++++ Given data ++++
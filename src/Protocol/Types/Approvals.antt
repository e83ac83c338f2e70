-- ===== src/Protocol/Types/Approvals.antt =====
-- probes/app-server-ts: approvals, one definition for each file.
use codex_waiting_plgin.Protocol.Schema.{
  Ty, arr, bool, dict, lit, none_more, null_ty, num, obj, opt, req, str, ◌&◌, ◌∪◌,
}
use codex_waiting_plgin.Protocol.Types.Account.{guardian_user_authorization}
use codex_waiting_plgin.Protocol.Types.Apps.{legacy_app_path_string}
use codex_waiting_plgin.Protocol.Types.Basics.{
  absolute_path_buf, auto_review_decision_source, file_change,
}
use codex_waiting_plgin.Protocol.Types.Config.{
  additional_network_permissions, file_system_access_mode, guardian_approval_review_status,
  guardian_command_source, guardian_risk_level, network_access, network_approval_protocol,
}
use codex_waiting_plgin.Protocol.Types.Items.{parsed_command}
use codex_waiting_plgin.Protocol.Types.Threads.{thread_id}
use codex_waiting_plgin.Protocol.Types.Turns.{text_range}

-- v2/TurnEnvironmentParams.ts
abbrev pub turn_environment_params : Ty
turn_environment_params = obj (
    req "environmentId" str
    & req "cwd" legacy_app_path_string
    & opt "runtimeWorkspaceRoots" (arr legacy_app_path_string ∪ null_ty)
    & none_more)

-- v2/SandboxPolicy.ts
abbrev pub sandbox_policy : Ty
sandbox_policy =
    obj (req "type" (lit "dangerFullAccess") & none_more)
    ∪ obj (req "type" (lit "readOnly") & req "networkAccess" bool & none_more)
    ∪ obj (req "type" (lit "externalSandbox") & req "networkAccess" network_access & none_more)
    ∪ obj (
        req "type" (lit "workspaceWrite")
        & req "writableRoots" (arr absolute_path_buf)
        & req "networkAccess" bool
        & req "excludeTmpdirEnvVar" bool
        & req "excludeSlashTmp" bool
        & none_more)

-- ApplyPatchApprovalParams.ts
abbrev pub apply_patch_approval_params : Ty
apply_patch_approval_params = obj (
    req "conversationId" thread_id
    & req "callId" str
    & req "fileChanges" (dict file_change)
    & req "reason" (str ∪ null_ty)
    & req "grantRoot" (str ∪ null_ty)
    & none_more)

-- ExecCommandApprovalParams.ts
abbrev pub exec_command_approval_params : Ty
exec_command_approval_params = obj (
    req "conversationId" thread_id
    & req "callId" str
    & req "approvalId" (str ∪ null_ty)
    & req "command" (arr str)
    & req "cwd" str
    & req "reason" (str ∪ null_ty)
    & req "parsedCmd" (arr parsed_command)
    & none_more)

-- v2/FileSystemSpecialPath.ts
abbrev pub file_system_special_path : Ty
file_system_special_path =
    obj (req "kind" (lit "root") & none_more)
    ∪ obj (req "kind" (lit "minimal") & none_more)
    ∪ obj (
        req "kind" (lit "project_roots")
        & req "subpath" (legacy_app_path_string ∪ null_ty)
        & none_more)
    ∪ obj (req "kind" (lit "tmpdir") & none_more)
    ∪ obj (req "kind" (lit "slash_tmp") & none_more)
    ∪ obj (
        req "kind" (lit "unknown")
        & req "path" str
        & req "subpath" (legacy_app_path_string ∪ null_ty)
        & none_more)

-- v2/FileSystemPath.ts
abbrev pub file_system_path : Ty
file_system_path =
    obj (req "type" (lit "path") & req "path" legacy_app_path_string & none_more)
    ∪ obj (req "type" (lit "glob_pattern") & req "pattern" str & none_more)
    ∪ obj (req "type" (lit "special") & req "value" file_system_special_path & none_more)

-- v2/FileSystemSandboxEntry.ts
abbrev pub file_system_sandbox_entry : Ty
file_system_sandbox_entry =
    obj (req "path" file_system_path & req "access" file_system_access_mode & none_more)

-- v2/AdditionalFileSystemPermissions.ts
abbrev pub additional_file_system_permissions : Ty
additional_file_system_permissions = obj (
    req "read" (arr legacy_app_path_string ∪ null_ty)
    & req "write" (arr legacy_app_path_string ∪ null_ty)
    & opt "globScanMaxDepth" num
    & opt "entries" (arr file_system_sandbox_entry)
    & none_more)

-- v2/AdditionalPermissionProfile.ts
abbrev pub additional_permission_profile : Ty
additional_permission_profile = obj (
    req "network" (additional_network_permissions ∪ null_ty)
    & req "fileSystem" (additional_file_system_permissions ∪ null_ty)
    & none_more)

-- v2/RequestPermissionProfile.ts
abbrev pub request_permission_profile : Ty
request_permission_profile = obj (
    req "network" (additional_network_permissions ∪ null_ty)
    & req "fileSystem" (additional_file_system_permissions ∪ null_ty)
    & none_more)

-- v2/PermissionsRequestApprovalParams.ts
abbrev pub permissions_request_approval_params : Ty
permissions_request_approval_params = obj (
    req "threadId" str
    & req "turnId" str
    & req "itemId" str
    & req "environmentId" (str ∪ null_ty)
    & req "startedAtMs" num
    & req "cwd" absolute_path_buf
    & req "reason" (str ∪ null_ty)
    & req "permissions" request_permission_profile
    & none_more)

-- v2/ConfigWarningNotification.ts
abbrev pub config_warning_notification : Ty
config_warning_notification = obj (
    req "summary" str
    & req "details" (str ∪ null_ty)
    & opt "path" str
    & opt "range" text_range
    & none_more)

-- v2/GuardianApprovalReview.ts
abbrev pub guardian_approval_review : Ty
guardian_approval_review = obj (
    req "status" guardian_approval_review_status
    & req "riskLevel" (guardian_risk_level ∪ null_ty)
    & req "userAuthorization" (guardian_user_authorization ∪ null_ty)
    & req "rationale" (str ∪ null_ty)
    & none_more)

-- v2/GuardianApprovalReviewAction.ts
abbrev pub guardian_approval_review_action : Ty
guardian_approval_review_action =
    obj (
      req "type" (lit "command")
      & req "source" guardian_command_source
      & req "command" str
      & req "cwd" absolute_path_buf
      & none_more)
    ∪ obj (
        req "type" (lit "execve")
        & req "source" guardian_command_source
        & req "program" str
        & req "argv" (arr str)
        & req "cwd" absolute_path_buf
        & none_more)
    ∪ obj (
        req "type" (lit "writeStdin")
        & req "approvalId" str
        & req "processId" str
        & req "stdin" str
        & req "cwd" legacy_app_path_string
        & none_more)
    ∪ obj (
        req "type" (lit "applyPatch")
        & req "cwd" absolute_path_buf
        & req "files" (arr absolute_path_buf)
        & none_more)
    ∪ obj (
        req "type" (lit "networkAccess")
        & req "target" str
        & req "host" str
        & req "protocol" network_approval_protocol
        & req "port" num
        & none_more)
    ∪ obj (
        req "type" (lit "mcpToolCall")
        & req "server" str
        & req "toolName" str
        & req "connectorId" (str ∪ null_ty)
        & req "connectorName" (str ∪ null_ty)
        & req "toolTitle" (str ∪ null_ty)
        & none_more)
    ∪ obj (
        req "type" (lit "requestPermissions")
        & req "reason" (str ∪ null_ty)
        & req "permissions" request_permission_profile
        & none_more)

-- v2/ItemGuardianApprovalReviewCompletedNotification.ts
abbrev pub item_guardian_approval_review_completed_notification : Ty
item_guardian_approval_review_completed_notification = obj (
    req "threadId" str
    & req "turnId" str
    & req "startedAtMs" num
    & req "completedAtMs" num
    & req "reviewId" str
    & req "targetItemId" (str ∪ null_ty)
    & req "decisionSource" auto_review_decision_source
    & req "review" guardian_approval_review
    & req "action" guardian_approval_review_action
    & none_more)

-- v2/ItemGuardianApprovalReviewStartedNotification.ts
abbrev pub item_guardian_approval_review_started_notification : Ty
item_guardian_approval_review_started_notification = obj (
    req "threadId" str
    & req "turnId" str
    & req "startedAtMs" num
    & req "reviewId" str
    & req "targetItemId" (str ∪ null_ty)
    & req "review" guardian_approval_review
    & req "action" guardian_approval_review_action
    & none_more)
++++
**Activity**. All that is needed is the exact run of lines above from the line containing "abbrev pub file_system_path : Ty" through the line containing "-- v2/GuardianApprovalReview.ts", both of them included.

**Answer space**.
abbrev pub file_system_path : Ty
file_system_path =
    obj (req "type" (lit "path") & req "path" legacy_app_path_string & none_more)
    ∪ obj (req "type" (lit "glob_pattern") & req "pattern" str & none_more)
    ∪ obj (req "type" (lit "special") & req "value" file_system_special_path & none_more)

-- v2/FileSystemSandboxEntry.ts
abbrev pub file_system_sandbox_entry : Ty
file_system_sandbox_entry =
    obj (req "path" file_system_path & req "access" file_system_access_mode & none_more)

-- v2/AdditionalFileSystemPermissions.ts
abbrev pub additional_file_system_permissions : Ty
additional_file_system_permissions = obj (
    req "read" (arr legacy_app_path_string ∪ null_ty)
    & req "write" (arr legacy_app_path_string ∪ null_ty)
    & opt "globScanMaxDepth" num
    & opt "entries" (arr file_system_sandbox_entry)
    & none_more)

-- v2/AdditionalPermissionProfile.ts
abbrev pub additional_permission_profile : Ty
additional_permission_profile = obj (
    req "network" (additional_network_permissions ∪ null_ty)
    & req "fileSystem" (additional_file_system_permissions ∪ null_ty)
    & none_more)

-- v2/RequestPermissionProfile.ts
abbrev pub request_permission_profile : Ty
request_permission_profile = obj (
    req "network" (additional_network_permissions ∪ null_ty)
    & req "fileSystem" (additional_file_system_permissions ∪ null_ty)
    & none_more)

-- v2/PermissionsRequestApprovalParams.ts
abbrev pub permissions_request_approval_params : Ty
permissions_request_approval_params = obj (
    req "threadId" str
    & req "turnId" str
    & req "itemId" str
    & req "environmentId" (str ∪ null_ty)
    & req "startedAtMs" num
    & req "cwd" absolute_path_buf
    & req "reason" (str ∪ null_ty)
    & req "permissions" request_permission_profile
    & none_more)

-- v2/ConfigWarningNotification.ts
abbrev pub config_warning_notification : Ty
config_warning_notification = obj (
    req "summary" str
    & req "details" (str ∪ null_ty)
    & opt "path" str
    & opt "range" text_range
    & none_more)

-- v2/GuardianApprovalReview.ts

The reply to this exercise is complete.